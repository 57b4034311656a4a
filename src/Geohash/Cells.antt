-- ===== src/Geohash/Cells.antt =====
-- The cells that points fall in, their hashes, and their neighbours (core/src/geo/geohash.ts).
use ride_location_tracking_e.Common.{
  ℕ, ◌+◌, ◌-◌, ◌%◌, ◌^◌, ◌≡◌, ◌<◌, ◌≤◌, refl, sym, false, ◌||◌, some, leb, ltb, ◌==◌, Bool-cases,
  inl, inr, arith, min, ◌∙◌,
}
use native.Mathlib.Nat.{one-le-pow, mod-eq_of_lt, add-mod_right, mod_self}
use ride_location_tracking_e.Domain.{LatLng}
use ride_location_tracking_e.Geohash.{
  GridCell, bit_split, max_bits, cell_of, encode, deinterleave, cell_hash, interleave, Direction,
  neighbor_cell, col_after, col_before, row_above, row_below,
}
use ride_location_tracking_e.Geohash
use ride_location_tracking_e.Geohash.Bits.{deinterleave-cell_hash}

-- The cell is on the grid.
abbrev pub IsOnGrid : ℕ → GridCell → Type 0
IsOnGrid bits cell =
    (cell.row < 2 ^ (bit_split bits).lat_bits) × (cell.col < 2 ^ (bit_split bits).lng_bits)

capped : (k x : ℕ) → min (2 ^ k - 1) x < 2 ^ k
capped k x = ground (arith, one-le-pow k 2 (omega arith))

pub cell_of-IsOnGrid :
    (unit : ℕ) (point : LatLng) (bits : ℕ) → IsOnGrid bits (cell_of unit point bits)
unfolding cell_of
cell_of-IsOnGrid unit point bits =
    (capped (bit_split bits).lat_bits _, capped (bit_split bits).lng_bits _)

-- A point has a hash at every precision from 1 to 52 bits, and the hash, taken apart, is the cell of the
-- point, which is on the grid.
pub encode-deinterleave :
    (unit : ℕ) (point : LatLng) (bits : ℕ)
    → 0 < bits
    → bits ≤ 52
    → (hash : ℕ) × (encode unit point bits ≡ some hash)
      × (deinterleave hash bits ≡ cell_of unit point bits)
      × IsOnGrid bits (cell_of unit point bits)
unfolding encode cell_hash
encode-deinterleave unit point bits h k =
    let cell = cell_of unit point bits in
    let on = cell_of-IsOnGrid unit point bits in
    let ok : (leb bits 0 || ltb max_bits bits) ≡ false = ground arith in
    (cell_hash cell bits, rw (encode, ok) refl, deinterleave-cell_hash cell bits on.0 on.1, on)

-- The way back.
abbrev pub opposite : Direction → Direction
opposite Geohash.n = Geohash.s
opposite Geohash.s = Geohash.n
opposite Geohash.e = Geohash.w
opposite Geohash.w = Geohash.e
opposite Geohash.ne = Geohash.sw
opposite Geohash.nw = Geohash.se
opposite Geohash.se = Geohash.nw
opposite Geohash.sw = Geohash.ne

col_back : (count col : ℕ) → col < count → col_before count (col_after count col) ≡ col
unfolding col_before col_after
col_back count col h = elim (Bool-cases (ltb (col + 1) count)) [
  | inl g ↦
      let next : (col + 1) % count ≡ col + 1 = mod-eq_of_lt (ground (arith, g)) in
      let around : col + 1 + count - 1 ≡ col + count = omega arith in
      rw (next, around) (add-mod_right col count ∙ mod-eq_of_lt h)
  | inr g ↦
      let last : col + 1 ≡ count = ground (arith, g) in
      let next : (col + 1) % count ≡ 0 = rw last (mod_self count) in
      let around : 0 + count - 1 ≡ col = omega (arith, last) in rw (next, around) (mod-eq_of_lt h)
]

col_forth : (count col : ℕ) → col < count → col_after count (col_before count col) ≡ col
unfolding col_before col_after
col_forth count col h = elim (Bool-cases (col == 0)) [
  | inl g ↦
      let zero_col : col ≡ 0 = ground (arith, g) in
      let around : col + count - 1 ≡ count - 1 = omega (arith, zero_col) in
      let back : (count - 1) % count ≡ count - 1 = mod-eq_of_lt (omega arith) in
      let up : count - 1 + 1 ≡ count = omega arith in
      rw (around, back, up) (mod_self count ∙ sym zero_col)
  | inr g ↦
      let around : col + count - 1 ≡ (col - 1) + count = ground (arith, g) in
      let back : (col - 1) % count ≡ col - 1 = mod-eq_of_lt (omega arith) in
      let up : col - 1 + 1 ≡ col = ground (arith, g) in
      rw (around, add-mod_right (col - 1) count, back, up) (mod-eq_of_lt h)
]

row_back : (count row : ℕ) → row + 1 < count → row_below count (row_above count row) ≡ row
unfolding row_below row_above
row_back count row h = ground (arith, h)

row_forth : (count row : ℕ) → row < count → 0 < row → row_above count (row_below count row) ≡ row
unfolding row_below row_above
row_forth count row h k = ground (arith, h, k)

-- The step does not leave the grid at a pole.
abbrev pub IsWithin : ℕ → ℕ → Direction → Type 0
IsWithin rows row Geohash.n = row + 1 < rows
IsWithin rows row Geohash.ne = row + 1 < rows
IsWithin rows row Geohash.nw = row + 1 < rows
IsWithin rows row Geohash.s = 0 < row
IsWithin rows row Geohash.se = 0 < row
IsWithin rows row Geohash.sw = 0 < row
IsWithin rows row Geohash.e = Unit {0}
IsWithin rows row Geohash.w = Unit {0}

-- From a cell on the grid, a step to a neighbour and a step in the opposite direction lead back to the cell,
-- across the antimeridian too, unless the first step was held at a pole.
pub neighbor_cell-opposite :
    (cell : GridCell) (bits : ℕ) (d : Direction)
    → IsOnGrid bits cell
    → IsWithin (2 ^ (bit_split bits).lat_bits) cell.row d
    → neighbor_cell (neighbor_cell cell bits d) bits (opposite d) ≡ cell
unfolding neighbor_cell
neighbor_cell-opposite cell bits Geohash.n on h = rw (row_back _ cell.row h) refl
neighbor_cell-opposite cell bits Geohash.s on h = rw (row_forth _ cell.row on.0 h) refl
neighbor_cell-opposite cell bits Geohash.e on h = rw (col_back _ cell.col on.1) refl
neighbor_cell-opposite cell bits Geohash.w on h = rw (col_forth _ cell.col on.1) refl
neighbor_cell-opposite cell bits Geohash.ne on h =
    rw (row_back _ cell.row h, col_back _ cell.col on.1) refl
neighbor_cell-opposite cell bits Geohash.nw on h =
    rw (row_back _ cell.row h, col_forth _ cell.col on.1) refl
neighbor_cell-opposite cell bits Geohash.se on h =
    rw (row_forth _ cell.row on.0 h, col_back _ cell.col on.1) refl
neighbor_cell-opposite cell bits Geohash.sw on h =
    rw (row_forth _ cell.row on.0 h, col_forth _ cell.col on.1) refl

-*-

### Instructions to follow
Note each line above that contains "LatLng" and copy it out.

### Task output
use ride_location_tracking_e.Domain.{LatLng}
    (unit : ℕ) (point : LatLng) (bits : ℕ) → IsOnGrid bits (cell_of unit point bits)
    (unit : ℕ) (point : LatLng) (bits : ℕ)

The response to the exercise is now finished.